Marks Against: Amnesty International and Human Rights Watch, 11




Copyright © 2015 David Prashker
All rights reserved
The Argaman Press


Macedonia

For decades there was a personal fiefdom in eastern Europe, owned and run by Marshall Tito under the pretense of Communism, and known as Yugoslavia. The despotic autocracy of his rule kept the country so “stable” that his supporters preserved his dead body in pickle for months after his demise, fearing that the announcement of his death would lead to wild celebrations of hysterical blood-letting. Eventually both got out, the information and the knives. When Yugoslavia collapsed into ethnic civil war, all parties put into practice what they had been taught under Nazi occupation, and war crimes trials are still in process.

Slovenia, Croatia, Bosnia and Herzegovina, Serbia, Montenegro and Macedonia were the countries that emerged from the ensuing chaos, as well as two autonomous enclaves within Serbia: Vojvodina and Kosovo. All nine were still run by the Communist Party, but it was ethnic and religious divisions that induced the barbarism. Macedonia was the surprising exception, though it nearly tumbled, because there were also Albanians emerging from their own decades of Communist brutality, and many of them lived in what was now Macedonia. EU and NATO peacekeepers helped the government put a new constitution in place which recognised the rights of those Albanians, and even some local autonomy, and there has been such progress that the European Non-Islamic Caliphate (EU), whose ambition like all imperial powers is to rule the whole world, eventually, is moving Macedonia at great pace towards EU membership. India and China may be a little further behind.


For reasons unclear to most people, Macedonia has a name-plaque on its seat at the United Nations which announces it as the "Former Yugoslav Republic of Macedonia (FYROM)". Nostalgia for Tito in New York? How unlikely! The trouble is, calling itself straightforwardly Macedonia does not go down well in Greece, another imperialist power that still hasn’t realised its day is gone (the empire collapsed in the 4th century BCE!); Macedonia was Alexander the Great’s birthplace (did you know he had Aristotle as his teacher when he was at school?), and Macedonia is still in existence, other than this Macedonia, as a province of northern Greece.

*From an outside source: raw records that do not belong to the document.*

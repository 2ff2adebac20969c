-- ===== src/Tests/Whole.antt =====
-- The executor over the Postgres backend, with a driver that counts its pools.
use querylynx.Base.{
  ℕ, suc, Bool, false, not, ◌&&◌, ◌||◌, ◌==◌, ltb, none, List, [], ◌∷◌, ◌≡◌, refl, arith, ok,
}
use querylynx.Base.Int.{pos}
use querylynx.Strings.{Text, codes}
use querylynx.Context.{background}
use querylynx.Connector.{Rows, shown}
use querylynx.Safety.{Violation}
use querylynx.Postgres.{Config}
use querylynx.Postgres.Session.{Driver, other}
use querylynx.Postgres.Catalog.{Catalog}
use querylynx.Postgres.Backend.{PoolDriver, Heap, new, backend}
use querylynx.Postgres.Backend.Opening.{IsNew, new-IsNew}
use querylynx.Executor.{Service, new_service, Call, open_call, close_call, serve_all}
use querylynx.Executor.Leaks.{IsTight}
use querylynx.Executor.Pools.{PoolLaws, backend_pools, serve_all-pools}
use querylynx.Executor.Whole.{IsSafeRun, validate_and_execute-IsSafeRun}
use querylynx.Tests.Running.{run_whole}

-- How many pools were opened, and which of them are open.
pub record Counted : Type 0 where
  pub next : ℕ
  pub live : ℕ → Bool

abbrev one_value : Driver Counted
one_value = record {
  begin_tx = λ ctx access v. (none, v);
  exec = λ ctx q v. (none, v);
  query = λ ctx q v. (
    ok (record { columns = codes "n" ∷ []; rows = ok (other (codes "1") ∷ []) ∷ []; ended = none }),
    v,
  );
  rollback = λ ctx v. v;
}

abbrev no_tables : Catalog Counted
no_tables = record {
  current_database = λ ctx v. (ok (codes "db"), v);
  columns = λ ctx v. (ok (record { rows = []; ended = none }), v);
  foreign_keys = λ ctx v. (ok (record { rows = []; ended = none }), v);
  count = λ ctx t v. (ok (pos 0), v);
  samples = λ ctx t c v. (ok (record { rows = []; ended = none }), v);
}

abbrev driver : PoolDriver Counted
driver = record {
  open_pool =
      λ ctx dsn v. (ok v.next, record { next = suc v.next; live = λ r. (v.next == r) || v.live r });
  ping = λ ctx p v. (none, v);
  close_pool = λ p v. record { next = v.next; live = λ r. v.live r && not (p == r) };
  session = λ p. one_value;
  catalog = λ p. no_tables;
}

abbrev laws : PoolLaws driver
laws = record {
  live = λ v r. ltb r v.next && v.live r;
  open_ok = λ ctx dsn v p e. (ground arith, λ r. ground arith);
  open_err = λ ctx dsn v e h r. absurd (ground arith);
  ping_same = λ ctx p v r. refl;
  close_closes = λ p v r. ground arith;
  session_keeps = λ p v. record {
    begin_keeps = λ ctx access w h. h;
    exec_keeps = λ ctx q w h. h;
    query_keeps = λ ctx q w h. h;
    rollback_keeps = λ ctx w h. h;
  };
  catalog_keeps = λ p v. record {
    current_database_keeps = λ ctx w h. h;
    columns_keeps = λ ctx w h. h;
    foreign_keys_keeps = λ ctx w h. h;
    count_keeps = λ ctx t w h. h;
    samples_keeps = λ ctx t c w h. h;
  };
}

abbrev none_live : Counted
none_live = record { next = 0; live = λ r. false }

abbrev message : Violation → Text
message v = codes "refused"

none_is_live : (p : ℕ) → (ltb p 0 && false) ≡ false
none_is_live p = ground arith

abbrev calls : List Call
calls =
    open_call background (codes "a") (codes "postgres") (codes "x")
    ∷ open_call background (codes "a") (codes "postgres") (codes "y")
    ∷ open_call background (codes "b") (codes "postgres") []
    ∷ close_call (codes "a")
    ∷ []

serve_all-pools_example : IsTight (backend_pools laws message) (
    serve_all
      (backend driver message)
      calls
      (new_service, record { configs = []; pools = none_live }))
serve_all-pools_example = serve_all-pools laws message none_live calls none_is_live

abbrev empty_heap : Heap Counted
empty_heap = record { configs = []; pools = none_live }

abbrev uncapped : Config
uncapped = record { dsn = codes "x"; row_cap = pos 0 }

new-IsNew_example :
    IsNew driver message background empty_heap uncapped
      (new driver message background empty_heap uncapped)
new-IsNew_example = new-IsNew driver message background empty_heap uncapped

abbrev one_open : Service
one_open = record { conns = (codes "a", 0) ∷ [] }

abbrev one_heap : Heap Counted
one_heap = record {
  configs = (0, record { dsn = codes "x"; row_cap = pos 5 }) ∷ [];
  pools = record { next = 1; live = λ r. r == 0 };
}

abbrev one_value_rows : Rows
one_value_rows = record { columns = codes "n" ∷ []; rows = (shown (codes "1") ∷ []) ∷ [] }

validate_and_execute-IsSafeRun_example :
    IsSafeRun driver background one_open one_heap (codes "a") (codes "SELECT 1") one_value_rows
validate_and_execute-IsSafeRun_example =
    validate_and_execute-IsSafeRun driver message background one_open one_heap (codes "a")
      (codes "SELECT 1") (unfold run_whole in refl)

Speaking of Alexander the Great, the one and only Macedonian of whom the world has heard, and speaking of people whose ambition is to rule the whole world, there is a question that nobody but me appears to have asked, but which I believe has to be asked, and answered honestly, if this "best of all possible worlds" is ever to improve. What on Earth did Alexander of Macedon ever actually do, to merit the sobriquet "great" (see my entry on Italy where the same question is asked about the Romans)? 


And the answer given in the history books which venerate him? He built an army which conquered its way around the world, murdering, raping, slaughtering, burning, enslaving, and generally destroying, until vast tracts of the Earth were under his imperial command, though it required further military brutality and incessant martial law to keep it that way, and not actually for very long. 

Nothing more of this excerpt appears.